Many California businesses today are faced with an uncomfortable truth: they are vulnerable to data theft, loss, and sabotage from within their organization. And while internal threats tend to be outliers, generally speaking, it is well worth investing in systems that prevent damage caused by these malicious actors, as failing to do so can hurt most businesses beyond recovery.
Related article: Mitigating cybersecurity insider threats
An effective way of mitigating insider threats is by having an insider threat program. This can be done, or at least initiated, with minimal funding, as it focuses on fostering a collaborative culture of security. Furthermore, insider threat programs can assist with your company’s cybersecurity and compliance efforts.

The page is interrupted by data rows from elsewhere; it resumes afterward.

-- ===== src/Storage/Bytes/Laws.antt =====
-- Slices of what was appended, and words read back from their bytes.
use attic_shogi.Prelude.{
  ℕ, zero, suc, ◌+◌, ◌-◌, ◌*◌, ◌/◌, ◌%◌, ◌^◌, ◌≤◌, ◌<◌, ◌≡◌, refl, sym, ap, ◌∙◌, true, false, leb,
  List, [], ◌∷◌, ◌++◌, none, some, length, arith,
}
use attic_shogi.Storage.Bytes.{
  Bytes, take, drop, slice, get_range, checked, from_le_bytes, to_le_bytes, read_u16_le,
  read_u64_le,
}

module _ {ℓ} {A : Type ℓ} where
  pub length-++ : (xs ys : List A) → length (xs ++ ys) ≡ length xs + length ys
  length-++ [] ys = omega arith
  length-++ (x ∷ xs) ys = ap suc (length-++ xs ys) ∙ omega arith

  pub length-take : (n : ℕ) (xs : List A) → n ≤ length xs → length (take n xs) ≡ n
  length-take zero xs h = refl
  length-take (suc n) [] h = absurd (omega arith)
  length-take (suc n) (x ∷ xs) h = ap suc (length-take n xs (omega arith))

  pub length-drop : (n : ℕ) (xs : List A) → length (drop n xs) ≡ length xs - n
  length-drop zero xs = omega arith
  length-drop (suc n) [] = omega arith
  length-drop (suc n) (x ∷ xs) = length-drop n xs ∙ omega arith

  pub take-++ : (xs ys : List A) (n : ℕ) → length xs ≡ n → take n (xs ++ ys) ≡ xs
  take-++ [] ys zero h = refl
  take-++ [] ys (suc n) h = absurd (omega arith)
  take-++ (x ∷ xs) ys zero h = absurd (omega arith)
  take-++ (x ∷ xs) ys (suc n) h = ap (λ t. x ∷ t) (take-++ xs ys n (omega arith))

  pub take-take : (n m : ℕ) (xs : List A) → n ≤ m → take n (take m xs) ≡ take n xs
  take-take zero m xs h = refl
  take-take (suc n) zero xs h = absurd (omega arith)
  take-take (suc n) (suc m) [] h = refl
  take-take (suc n) (suc m) (x ∷ xs) h = ap (λ t. x ∷ t) (take-take n m xs (omega arith))

  take_none : (n : ℕ) (xs : List A) → n ≡ 0 → take n xs ≡ []
  take_none zero xs h = refl
  take_none (suc n) xs h = absurd (omega arith)

  take_nil : (n : ℕ) → take {A = A} n [] ≡ []
  take_nil zero = refl
  take_nil (suc n) = refl

  pub drop-take : (n m : ℕ) (xs : List A) → drop n (take m xs) ≡ take (m - n) (drop n xs)
  drop-take zero m xs = ap (λ t. take t xs) (sub_zero m)
    where
      sub_zero : (a : ℕ) → a ≡ a - 0
      sub_zero a = omega arith
  drop-take (suc n) zero xs = sym (take_none (0 - suc n) (drop (suc n) xs) (omega arith))
  drop-take (suc n) (suc m) [] = sym (take_nil (suc m - suc n))
  drop-take (suc n) (suc m) (x ∷ xs) = drop-take n m xs ∙ ap (λ t. take t (drop n xs)) (sub_suc m n)
    where
      sub_suc : (a b : ℕ) → a - b ≡ suc a - suc b
      sub_suc a b = omega arith

  -- Skipping a whole prefix.
  pub drop-++ : (xs ys : List A) (n k : ℕ) → length xs ≡ n → drop (n + k) (xs ++ ys) ≡ drop k ys
  drop-++ [] ys zero k h = ap (λ t. drop t ys) (omega arith)
  drop-++ [] ys (suc n) k h = absurd (omega arith)
  drop-++ (x ∷ xs) ys zero k h = absurd (omega arith)
  drop-++ (x ∷ xs) ys (suc n) k h =
      ap (λ t. drop t (x ∷ xs ++ ys)) (suc_add n k) ∙ drop-++ xs ys n k (omega arith)
    where
      suc_add : (a b : ℕ) → suc a + b ≡ suc (a + b)
      suc_add a b = omega arith

pub length-to_le_bytes : (n x : ℕ) → length (to_le_bytes n x) ≡ n
unfolding to_le_bytes
length-to_le_bytes zero x = refl
length-to_le_bytes (suc n) x = ap suc (length-to_le_bytes n (x / 256))

pub from_le_bytes-to_le_bytes : (n x : ℕ) → x < 256 ^ n → from_le_bytes (to_le_bytes n x) ≡ x
unfolding from_le_bytes to_le_bytes
from_le_bytes-to_le_bytes zero x h = omega arith
from_le_bytes-to_le_bytes (suc n) x h =
    ap (λ t. x % 256 + 256 * t) (from_le_bytes-to_le_bytes n (x / 256) (omega arith)) ∙ omega arith

-- A slice that starts where a known prefix ends, and is as long as the list that follows it.
pub slice-++ :
    (pre mid post : Bytes) (start n : ℕ)
    → length pre ≡ start
    → length mid ≡ n
    → slice start n (pre ++ (mid ++ post)) ≡ mid
slice-++ pre mid post start n p q =
    ap (λ t. take n t)
      (ap (λ t. drop t (pre ++ (mid ++ post))) (omega arith) ∙ drop-++ pre (mid ++ post) start 0 p)
    ∙ take-++ mid post n q
  where
    zero_add : (a : ℕ) → a ≡ a + 0
    zero_add a = omega arith

-- A slice past a whole prefix, and of one.
pub slice_skip :
    (pre ys : Bytes) (n k m : ℕ) → length pre ≡ n → slice (n + k) m (pre ++ ys) ≡ slice k m ys
slice_skip pre ys n k m h = ap (take m) (drop-++ pre ys n k h)

pub slice_head : (xs ys : Bytes) (n : ℕ) → length xs ≡ n → slice 0 n (xs ++ ys) ≡ xs
slice_head xs ys n h = take-++ xs ys n h

-- A slice of a prefix that holds it.
pub slice-slice :
    (start n m : ℕ) (xs : Bytes) → start + n ≤ m → slice start n (take m xs) ≡ slice start n xs
slice-slice start n m xs h =
    ap (take n) (drop-take start m xs) ∙ take-take n (m - start) (drop start xs) (omega arith)

pub length-slice :
    (start n : ℕ) (data_ : Bytes) → start + n ≤ length data_ → length (slice start n data_) ≡ n
length-slice start n data_ h =
    length-take n (drop start data_) (rw (length-drop start data_) (omega arith))

pub leb-true : (a b : ℕ) → a ≤ b → leb a b ≡ true
leb-true a b h = ground arith

pub leb-false : (a b : ℕ) → b < a → leb a b ≡ false
leb-false a b h = ground arith

-- A range in bounds is its slice; any other is refused.
pub get_range-in :
    (data_ : Bytes) (start n : ℕ)
    → start + n ≤ length data_
    → get_range data_ start (start + n) ≡ some (slice start n data_)
get_range-in data_ start n h =
    rw (leb-true start (start + n) (omega arith), leb-true (start + n) (length data_) h)
      (ap (λ t. some (slice start t data_)) (add_sub start n))
  where
    add_sub : (a b : ℕ) → a + b - a ≡ b
    add_sub a b = omega arith

pub get_range-out :
    (data_ : Bytes) (start n : ℕ)
    → length data_ < start + n
    → get_range data_ start (start + n) ≡ none
get_range-out data_ start n h =
    rw (leb-true start (start + n) (omega arith), leb-false (start + n) (length data_) h) refl

pub read_u16_le-to_le_bytes : (x : ℕ) → x < 2 ^ 16 → read_u16_le (to_le_bytes 2 x) ≡ x
unfolding read_u16_le from_le_bytes to_le_bytes
read_u16_le-to_le_bytes x h = omega arith

pub read_u64_le-to_le_bytes : (x : ℕ) → x < 2 ^ 64 → read_u64_le (to_le_bytes 8 x) ≡ x
unfolding read_u64_le
read_u64_le-to_le_bytes x h =
    ap from_le_bytes (take_whole (to_le_bytes 8 x) 8 (length-to_le_bytes 8 x))
    ∙ from_le_bytes-to_le_bytes 8 x h
  where
    take_whole : (xs : Bytes) (n : ℕ) → length xs ≡ n → take n xs ≡ xs
    take_whole [] zero e = refl
    take_whole [] (suc n) e = refl
    take_whole (y ∷ ys) zero e = absurd (omega arith)
    take_whole (y ∷ ys) (suc n) e = ap (λ t. y ∷ t) (take_whole ys n (omega arith))

pub checked-in : (n : ℕ) → n < 2 ^ 64 → checked n ≡ some n
checked-in n h = ground arith

pub checked-out : (n : ℕ) → 2 ^ 64 ≤ n → checked n ≡ none
checked-out n h = ground arith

Here are the steps you can take to create your company’s own insider threat program.
1. Form a working group
An insider threat program is an IT-led project, but it requires the cooperation and active participation of all the internal sectors of your organization. Because of this, it’s necessary to form a working group composed of individuals from all relevant departments, such as human resources, physical security, IT security, business continuity, and legal.
This working group will be tasked with developing your insider threat program as well as identifying data sources for managing and further optimizing the program. It pays to have several different perspectives to inform all aspects and concepts of your insider threat program, ensuring that all bases are covered.
2. Designate a program manager
This person will oversee and provide broad insight into the program, advocate for resources, and lead program members to achieve goals on schedule, so make sure you take your time looking for the right person. Sourcing internally will have its benefits in terms of cost and compatibility, so it is recommended that your first candidates come from within. Should no one prove to be fit for the role, then you may expand your search externally.
Ideally, an insider threat program manager should have significant experience in information assurance work as well as possess relevant industry certifications such as CISSP, CISA, or CRISC. Select a candidate who exhibits good leadership skills, as they will be an asset to your organization.
Related article: How to defend against insider threats
3. Develop governance and policy guidelines
These guidelines will serve to inform your insider threat identification, prevention, and response procedures. You will want to prioritize establishing measures for visibility and control over high-risk activities without affecting the productivity and data access of your employees. Also, make sure to provide structured investigation processes that focus on preventing high-risk actions and behavior across all levels of your organization.
Finally, it is important to develop an insider threat program that you can someday mature into an insider risk program without disrupting productivity and without the need for too many resources.
The participation of all members of your working group is key to the effectiveness of these guidelines. It is up to each of them to ensure that other organizational policies aren’t infringed upon by your insider threat processes.
4. Develop a formal training program
A formal training program will set the course for your current and future employees' attainment of your insider threat program’s goals. Education and simulations will help them gain the skills and competencies necessary to protect critical business data. Annual refreshers are also recommended, since most cyberthreats are continuously evolving. The training programs should also be tailored to the different needs of each role and seniority level.
5. Establish an insider threat department
You can fully launch your insider threat program by establishing an insider threat department. The main role of this department is to provide legal and ethical oversight of your business data and its handlers. The department will also be in charge of collecting and analyzing data from all members of the organization to assess whether your business is experiencing or is in danger of insider threats. Lastly, this office is expected to provide assistance to investigative authorities, if necessary.